Data shown =

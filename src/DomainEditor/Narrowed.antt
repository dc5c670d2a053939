-- ===== src/DomainEditor/Narrowed.antt =====
-- The selection of all records of a grouped list whose dialog has a domain of its own, which the
-- domain of each group repeats.
use playground_azure_user_sy.Prelude.{
  ℕ, ◌-◌, Bool, true, false, ◌&&◌, ◌||◌, some, List, [], ◌∷◌, ◌++◌, map, length, replicate, ◌==◌,
  ◌≡◌, refl, ap, ◌∙◌, ℕ_eq, String_eq, ==_self,
}
use playground_azure_user_sy.DomainEditor.{
  Operand, text_operand, number_operand, bool_operand, ids_operand, same_ids, same_operand,
  same_leaf, Leaf, Token, op_and, op_or, leaf, without, first_equal, without_found, difference,
  SelectedGroup, group_domains, either_group, DialogState, get_domain,
}
use playground_azure_user_sy.DomainEditor.Meaning.{all_hold, domain_values, domain_holds}
use playground_azure_user_sy.DomainEditor.Groups.{
  Term, leaves, any_term, ors-leaves, is_conjunction, terms_but, without_twice,
}

same_ids_self : (is : List ℕ) → same_ids is is ≡ true
same_ids_self [] = refl
same_ids_self (i ∷ is) = rw (==_self i) (same_ids_self is)

same_operand_self : (o : Operand) → same_operand o o ≡ true
same_operand_self (text_operand s) = ==_self s
same_operand_self (number_operand n) = ==_self n
same_operand_self (bool_operand true) = refl
same_operand_self (bool_operand false) = refl
same_operand_self (ids_operand is) = same_ids_self is

same_leaf_self : (a : Leaf) → same_leaf a a ≡ true
same_leaf_self a = rw (==_self a.field, ==_self a.operator) (same_operand_self a.operand)

-- A group with records: the object that repeats the condition of the dialog, the condition of the
-- group, and the ids.
pub record NarrowGroup : Type 0 where
  pub base_ref : ℕ
  pub own : Term
  pub first_id : ℕ
  pub more_ids : List ℕ

abbrev narrow_domain : Leaf → NarrowGroup → List Token
narrow_domain a g = op_and ∷ leaf g.base_ref a ∷ leaf g.own.0 g.own.1 ∷ []

abbrev pub narrow_group : Leaf → NarrowGroup → SelectedGroup
narrow_group a g = record { domain = narrow_domain a g; res_ids = g.first_id ∷ g.more_ids }

abbrev narrow_domains : Leaf → List NarrowGroup → List Token
narrow_domains a [] = []
narrow_domains a (g ∷ gs) = narrow_domain a g ++ narrow_domains a gs

group_domains-narrow :
    (a : Leaf) (gs : List NarrowGroup)
    → group_domains (map (narrow_group a) gs) ≡ narrow_domains a gs
unfolding group_domains
group_domains-narrow a [] = refl
group_domains-narrow a (g ∷ gs) = ap (λ ts. narrow_domain a g ++ ts) (group_domains-narrow a gs)

narrow_domains-is_conjunction :
    (a : Leaf) (gs : List NarrowGroup) → is_conjunction (narrow_domains a gs) ≡ true
narrow_domains-is_conjunction a [] = refl
narrow_domains-is_conjunction a (g ∷ gs) = narrow_domains-is_conjunction a gs

first_equal-narrow :
    (r : ℕ) (a : Leaf) (g : NarrowGroup) (ts : List Token)
    → first_equal (leaf r a) (narrow_domain a g ++ ts) ≡ some (leaf g.base_ref a)
unfolding first_equal
first_equal-narrow r a g ts = rw (same_leaf_self a)

-- What is left of the domains of the groups, which begin with `g`.
abbrev narrow_left : Leaf → NarrowGroup → List NarrowGroup → List Term
narrow_left a g gs = terms_but (some g.base_ref) (narrow_domains a (g ∷ gs))

either_group-narrow :
    (r : ℕ) (a : Leaf) (g : NarrowGroup) (gs : List NarrowGroup)
    → either_group (leaf r a ∷ []) (narrow_domains a (g ∷ gs))
      ≡ replicate (length (leaves (narrow_left a g gs)) - 1) op_or ++ leaves (narrow_left a g gs)
unfolding either_group difference
either_group-narrow r a g gs =
    ap (λ us. replicate (length us - 1) op_or ++ us)
      (ap (λ o. without op_and (without_found o (narrow_domains a (g ∷ gs))))
          (first_equal-narrow r a g (narrow_domains a gs))
        ∙ without_twice g.base_ref a (narrow_domains a (g ∷ gs))
            (narrow_domains-is_conjunction a (g ∷ gs)))

-- What is left where there is one group, and where there is another.
narrow_left_one :
    (a : Leaf) (g : NarrowGroup) → (g.own.0 == g.base_ref) ≡ false → narrow_left a g [] ≡ g.own ∷ []
narrow_left_one a g n = rw (==_self g.base_ref, n)

narrow_left_more :
    (a : Leaf) (g h : NarrowGroup) (gs : List NarrowGroup)
    → (g.own.0 == g.base_ref) ≡ false
    → (h.base_ref == g.base_ref) ≡ false
    → narrow_left a g (h ∷ gs)
      ≡ g.own
        ∷ (h.base_ref, a)
        ∷ terms_but (some g.base_ref) (leaf h.own.0 h.own.1 ∷ narrow_domains a gs)
narrow_left_more a g h gs n m = rw (==_self g.base_ref, n, m)

module _ (holds : Leaf → Bool) where
  -- The value of the whole domain, when some conditions are left of the groups.
  domain_holds-left :
      (r : ℕ) (a : Leaf) (g : NarrowGroup) (gs : List NarrowGroup) (t : Term) (ts : List Term)
      → narrow_left a g gs ≡ t ∷ ts
      → domain_holds holds (leaf r a ∷ either_group (leaf r a ∷ []) (narrow_domains a (g ∷ gs)))
        ≡ (holds a && (any_term holds (t ∷ ts) && true))
  unfolding domain_values
  domain_holds-left r a g gs t ts e =
      ap (λ us. holds a && domain_holds holds us) (either_group-narrow r a g gs)
      ∙ ap
          (λ us.
            holds a && domain_holds holds (replicate (length (leaves us) - 1) op_or ++ leaves us))
          e
      ∙ ap (λ vs. holds a && all_hold vs) (ors-leaves holds t ts)

  absorb : (a b c : Bool) → (a && ((b || (a || c)) && true)) ≡ a
  absorb true true c = refl
  absorb true false c = refl
  absorb false b c = refl

  -- With the condition `a` as the domain of the dialog, and groups with records whose domains
  -- are `a` and a condition of their own, all records selected. For one group, the new domain asks
  -- for both conditions. For more it asks for `a` alone: what the groups ask for is lost. The
  -- objects of the conditions are different ones.
  pub get_domain-narrow :
      (new_ref r : ℕ) (s : DialogState) (selected : List ℕ) (a : Leaf) (g : NarrowGroup)
      (gs : List NarrowGroup)
      → s.domain ≡ leaf r a ∷ []
      → s.all_checked ≡ true
      → s.is_grouped ≡ true
      → s.groups ≡ map (narrow_group a) (g ∷ gs)
      → (g.own.0 == g.base_ref) ≡ false
      → (elim gs [ [] ↦ false | h ∷ hs ↦ h.base_ref == g.base_ref ]) ≡ false
      → domain_holds holds (get_domain new_ref s selected)
        ≡ (elim gs [ [] ↦ holds a && holds g.own.1 | h ∷ hs ↦ holds a ])
  unfolding get_domain
  get_domain-narrow new_ref r s selected a g [] d c k e n m =
      rw (d, c, k, e)
        (ap (λ us. domain_holds holds (leaf r a ∷ either_group (leaf r a ∷ []) us))
            (group_domains-narrow a (g ∷ []))
          ∙ domain_holds-left r a g [] g.own [] (narrow_left_one a g n)
          ∙ one (holds a) (holds g.own.1))
    where
      one : (b c : Bool) → (b && ((c || false) && true)) ≡ (b && c)
      one true true = refl
      one true false = refl
      one false c = refl
  get_domain-narrow new_ref r s selected a g (h ∷ hs) d c k e n m =
      let rest = terms_but (some g.base_ref) (leaf h.own.0 h.own.1 ∷ narrow_domains a hs) in
      rw (d, c, k, e)
        (ap (λ us. domain_holds holds (leaf r a ∷ either_group (leaf r a ∷ []) us))
            (group_domains-narrow a (g ∷ h ∷ hs))
          ∙ domain_holds-left r a g (h ∷ hs) g.own ((h.base_ref, a) ∷ rest)
              (narrow_left_more a g h hs n m)
          ∙ absorb (holds a) (holds g.own.1) (any_term holds rest))
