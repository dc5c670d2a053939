-- ===== src/DomainEditor/Examples.antt =====
-- The theorems about selected records and groups at partners grouped by country.
use playground_azure_user_sy.Prelude.{
  ℕ, String, Bool, true, false, List, [], ◌∷◌, map, ◌==◌, String_eq, ◌≡◌, refl,
}
use playground_azure_user_sy.DomainEditor.{
  text_operand, bool_operand, Leaf, leaf, DialogState, get_domain,
}
use playground_azure_user_sy.DomainEditor.Meaning.{
  DomainExpr, term, either, print_all, domain_holds,
}
use playground_azure_user_sy.DomainEditor.Groups.{Term, any_term}
use playground_azure_user_sy.DomainEditor.Selection.{single, with_records, get_domain-groups}
use playground_azure_user_sy.DomainEditor.Narrowed.{NarrowGroup, narrow_group, get_domain-narrow}

abbrev active : Leaf
active = record { field = "active"; operator = "="; operand = bool_operand true }

abbrev country : String → Leaf
country code = record { field = "country"; operator = "="; operand = text_operand code }

abbrev countries : List (Term × List ℕ)
countries =
    ((1, country "AT"), 4 ∷ 5 ∷ []) ∷ ((2, country "BE"), []) ∷ ((3, country "DE"), 6 ∷ []) ∷ []

-- A record that is active, in Spain.
abbrev holds : Leaf → Bool
holds a = a.field == "active"

abbrev all_countries : DialogState
all_countries = record {
  domain = [];
  is_grouped = true;
  groups = map single countries;
  all_checked = true;
}

get_domain-groups_example :
    domain_holds holds (get_domain 9 all_countries []) ≡ any_term holds (with_records countries)
get_domain-groups_example =
    get_domain-groups holds 9 all_countries [] countries (1, country "AT") ((3, country "DE") ∷ [])
      refl refl refl refl refl

abbrev austria : NarrowGroup
austria = record { base_ref = 1; own = (2, country "AT"); first_id = 4; more_ids = 5 ∷ [] }

abbrev germany : NarrowGroup
germany = record { base_ref = 3; own = (4, country "DE"); first_id = 6; more_ids = [] }

abbrev active_countries : DialogState
active_countries = record {
  domain = leaf 0 active ∷ [];
  is_grouped = true;
  groups = map (narrow_group active) (austria ∷ germany ∷ []);
  all_checked = true;
}

-- The record in Spain is among those of the two other countries.
get_domain-narrow_example : domain_holds holds (get_domain 9 active_countries []) ≡ holds active
get_domain-narrow_example =
    get_domain-narrow holds 9 0 active_countries [] active austria (germany ∷ []) refl refl refl
      refl refl refl

abbrev two_countries : List DomainExpr
two_countries = either (term 1 (country "AT")) (term 2 (country "DE")) ∷ term 3 active ∷ []

abbrev some_records : DialogState
some_records = record {
  domain = print_all two_countries;
  is_grouped = false;
  groups = [];
  all_checked = false;
}
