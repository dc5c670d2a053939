-- ===== src/DropTarget.antt =====
-- addons_OCA/web/web_drop_target/static/src/js/web_drop_target.js: files that are dropped on a form
-- become attachments of its record. Here: the mixin, with the methods that the form controller
-- gives it.
pub mod Overlay
pub mod Ready
pub mod Uploads
mod Examples
use playground_azure_user_sy.Prelude.{
  ℕ, zero, suc, ◌+◌, ◌-◌, String, Bool, true, false, not, ◌&&◌, ◌||◌, Option, none, some, List, [],
  ◌∷◌, ◌++◌, if◌then◌else◌, ◌==◌, ℕ_eq, String_eq,
}
use playground_azure_user_sy.Prelude.Int.{ℤ, pos, ltb_ℤ}

-- An item of `dataTransfer.files`, with whether it is a `Blob`.
pub record DroppedFile : Type 0 where
  pub name : String
  pub mime : String
  pub is_blob : Bool

-- A file that is being read, with the record that `_create_attachment` was bound to.
pub record Upload : Type 0 where
  pub file : DroppedFile
  pub res_model : String
  pub res_id : Option ℕ

-- The element of the overlay: whether the text in it asks for files or to save the record first,
-- whether it is shown, and whether it has the red background.
pub record DropOverlay : Type 0 where
  asks_for_files : Bool
  pub shown : Bool
  pub red : Bool

-- `elements` counts the overlays in the drop zone, `deferred` the calls of `_add_overlay` that wait,
-- and `uploads` are the files being read. `res_id` is none for a record that is not saved.
pub record DropTarget : Type 0 where
  pub listening : Bool
  pub overlay : Option DropOverlay
  pub elements : ℕ
  pub deferred : ℕ
  pub controller_id : ℕ
  pub has_chatter : Bool
  pub res_model : String
  pub res_id : Option ℕ
  pub uploads : List Upload

-- The arguments of the creation of an attachment.
pub record Attachment : Type 0 where
  pub name : String
  datas : String
  pub res_model : String
  pub res_id : Option ℕ

-- `type_error` is the exception where a member of `null` is read: it ends the handler.
pub data DropEffect : Type 0 where
  create : Attachment → DropEffect
  reload console_error type_error : DropEffect

abbrev pub has_record : DropTarget → Bool
has_record t = elim t.res_id [ none ↦ false | some id ↦ true ]

unfoldable pub add_overlay : DropTarget → DropTarget
add_overlay t = elim t.overlay [
  | some o ↦ t
  | none ↦ record t {
    overlay = some (record { asks_for_files = has_record t; shown = false; red = false });
    elements = suc t.elements;
  }
]

-- One of so many waiting calls of `_add_overlay`.
abbrev pub run_deferred : ℕ → DropTarget → DropTarget
run_deferred zero t = t
run_deferred (suc n) t = add_overlay (record t { deferred = n })

unfoldable pub remove_overlay : DropTarget → DropTarget
remove_overlay t = elim t.overlay [
  | none ↦ t
  | some o ↦ record t { overlay = none; elements = t.elements - 1 }
]

abbrev defer_overlay : DropTarget → DropTarget
defer_overlay t = record t { deferred = suc t.deferred }

unfoldable pub update_overlay : DropTarget → DropTarget
unfolding remove_overlay
update_overlay t = defer_overlay (remove_overlay t)

-- `this._drop_overlay.…`, with a change of the overlay.
abbrev on_overlay : (DropOverlay → DropOverlay) → DropTarget → DropTarget × List DropEffect
on_overlay change t = elim t.overlay [
  | none ↦ (t, type_error ∷ [])
  | some o ↦ (record t { overlay = some (change o) }, [])
]

abbrev pub hide : DropOverlay → DropOverlay
hide o = record o { shown = false }

-- The mouse has left the window, of that width and height.
abbrev is_outside : ℕ → ℕ → ℤ → ℤ → Bool
is_outside width height x y =
    not (ltb_ℤ (pos 0) x)
    || not (ltb_ℤ (pos 0) y)
    || not (ltb_ℤ x (pos width))
    || not (ltb_ℤ y (pos height))

abbrev pub is_empty {ℓ} : {A : Type ℓ} → List A → Bool
is_empty [] = true
is_empty (x ∷ xs) = false

abbrev pub contains : List String → String → Bool
contains [] s = false
contains (t ∷ ts) s = t == s || contains ts s

-- The filter of `_get_drop_items`, where no allowed types are all types.
unfoldable pub allowed_files : List String → List DroppedFile → List DroppedFile
allowed_files types [] = []
allowed_files types (f ∷ fs) =
    let rest = allowed_files types fs in
    if is_empty types || contains types f.mime then f ∷ rest else rest

unfoldable pub get_drop_items : List String → DropTarget → List DroppedFile → List DroppedFile
unfolding allowed_files
get_drop_items types t files = if has_record t then allowed_files types files else []

-- The current dialog is none, or the one of this controller.
abbrev is_own_dialog : DropTarget → Option ℕ → Bool
is_own_dialog t none = true
is_own_dialog t (some js_id) = js_id == t.controller_id

abbrev pub show : Bool → DropOverlay → DropOverlay
show unsaved o = record o { shown = true; red = unsaved || o.red }

unfoldable pub on_body_file_dragover :
    List String → DropTarget → List DroppedFile → Option ℕ → DropTarget × List DropEffect
unfolding get_drop_items
on_body_file_dragover types t files dialog =
    if is_empty (get_drop_items types t files) && t.has_chatter && is_own_dialog t dialog
    then on_overlay (show (not (has_record t))) t
    else (t, [])

-- `_handle_file_drop_attach` for each item: what is no `Blob` is left out.
unfoldable pub uploads_of : DropTarget → List DroppedFile → List Upload
uploads_of t [] = []
uploads_of t (f ∷ fs) =
    let rest = uploads_of t fs in
    if f.is_blob
    then record { file = f; res_model = t.res_model; res_id = t.res_id } ∷ rest
    else rest

unfoldable pub on_drop : List String → DropTarget → List DroppedFile → DropTarget
unfolding get_drop_items uploads_of
on_drop types t files = elim t.overlay [
  | none ↦ t
  | some o ↦ record t { uploads = t.uploads ++ uploads_of t (get_drop_items types t files) }
]

-- The upload at an index, and the others.
abbrev pub take_upload : List Upload → ℕ → Option Upload × List Upload
take_upload [] i = (none, [])
take_upload (u ∷ us) zero = (some u, us)
take_upload (u ∷ us) (suc i) = let (found, rest) = take_upload us i in (found, u ∷ rest)

-- The bytes of `reader.result`, which is `null` where the file could not be read.
abbrev bytes_of : Option (List ℕ) → List ℕ
bytes_of none = []
bytes_of (some bytes) = bytes

pub data DropEvent : Type 0 where
  start start_done deferred_add updated attachment_created reloaded destroy : DropEvent
  show_record : Option ℕ → DropEvent
  drag_leave : ℤ → ℤ → DropEvent
  drag_over : List DroppedFile → Option ℕ → DropEvent
  body_drop : DropEvent
  drop : List DroppedFile → DropEvent
  load_end : ℕ → Option (List ℕ) → DropEvent

-- `from_byte_array` is that of base64js, `types` are the allowed types, and `width` and `height` are
-- those of the window.
module _ (from_byte_array : List ℕ → String) (types : List String) (width height : ℕ) where
  abbrev create_attachment : Upload → Option (List ℕ) → Attachment
  create_attachment u result = record {
    name = u.file.name;
    datas = from_byte_array (bytes_of result);
    res_model = u.res_model;
    res_id = u.res_id;
  }

  -- The end of a read: `onloadend` runs also after `onerror`.
  unfoldable pub on_load_end : DropTarget → ℕ → Option (List ℕ) → DropTarget × List DropEffect
  on_load_end t i result =
      let (found, rest) = take_upload t.uploads i in
      elim found [
        | none ↦ (t, [])
        | some u ↦ (
          record t { uploads = rest },
          (elim result [ none ↦ console_error ∷ [] | some bytes ↦ [] ])
              ++ create (create_attachment u result) ∷ [],
        )
      ]

  -- An event of the body is for a widget that listens to it.
  abbrev if_listening : DropTarget → DropTarget × List DropEffect → DropTarget × List DropEffect
  if_listening t handled = if t.listening then handled else (t, [])

  unfoldable pub drop_event : DropTarget → DropEvent → DropTarget × List DropEffect
  unfolding add_overlay remove_overlay update_overlay on_body_file_dragover on_drop on_load_end
  drop_event t start = (record t { listening = true }, [])
  drop_event t start_done = (defer_overlay t, [])
  drop_event t deferred_add = (run_deferred t.deferred t, [])
  drop_event t updated = (update_overlay t, [])
  drop_event t attachment_created = (t, reload ∷ [])
  drop_event t reloaded = (update_overlay t, [])
  drop_event t destroy = (remove_overlay (record t { listening = false }), [])
  drop_event t (show_record id) = (record t { res_id = id }, [])
  drop_event t (drag_leave x y) =
      if_listening t (if is_outside width height x y then on_overlay hide t else (t, []))
  drop_event t (drag_over files dialog) =
      if_listening t (on_body_file_dragover types t files dialog)
  drop_event t body_drop = if_listening t (on_overlay hide t)
  drop_event t (drop files) = (on_drop types t files, [])
  drop_event t (load_end i result) = on_load_end t i result

  unfoldable pub drop_run : DropTarget → List DropEvent → DropTarget × List DropEffect
  unfolding drop_event
  drop_run t [] = (t, [])
  drop_run t (e ∷ es) =
      let (t₁, effects) = drop_event t e in let (t₂, rest) = drop_run t₁ es in (t₂, effects ++ rest)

What you will do =
Using the listing above, count the lines that contain the word "else" and state only that number.

Output below =
7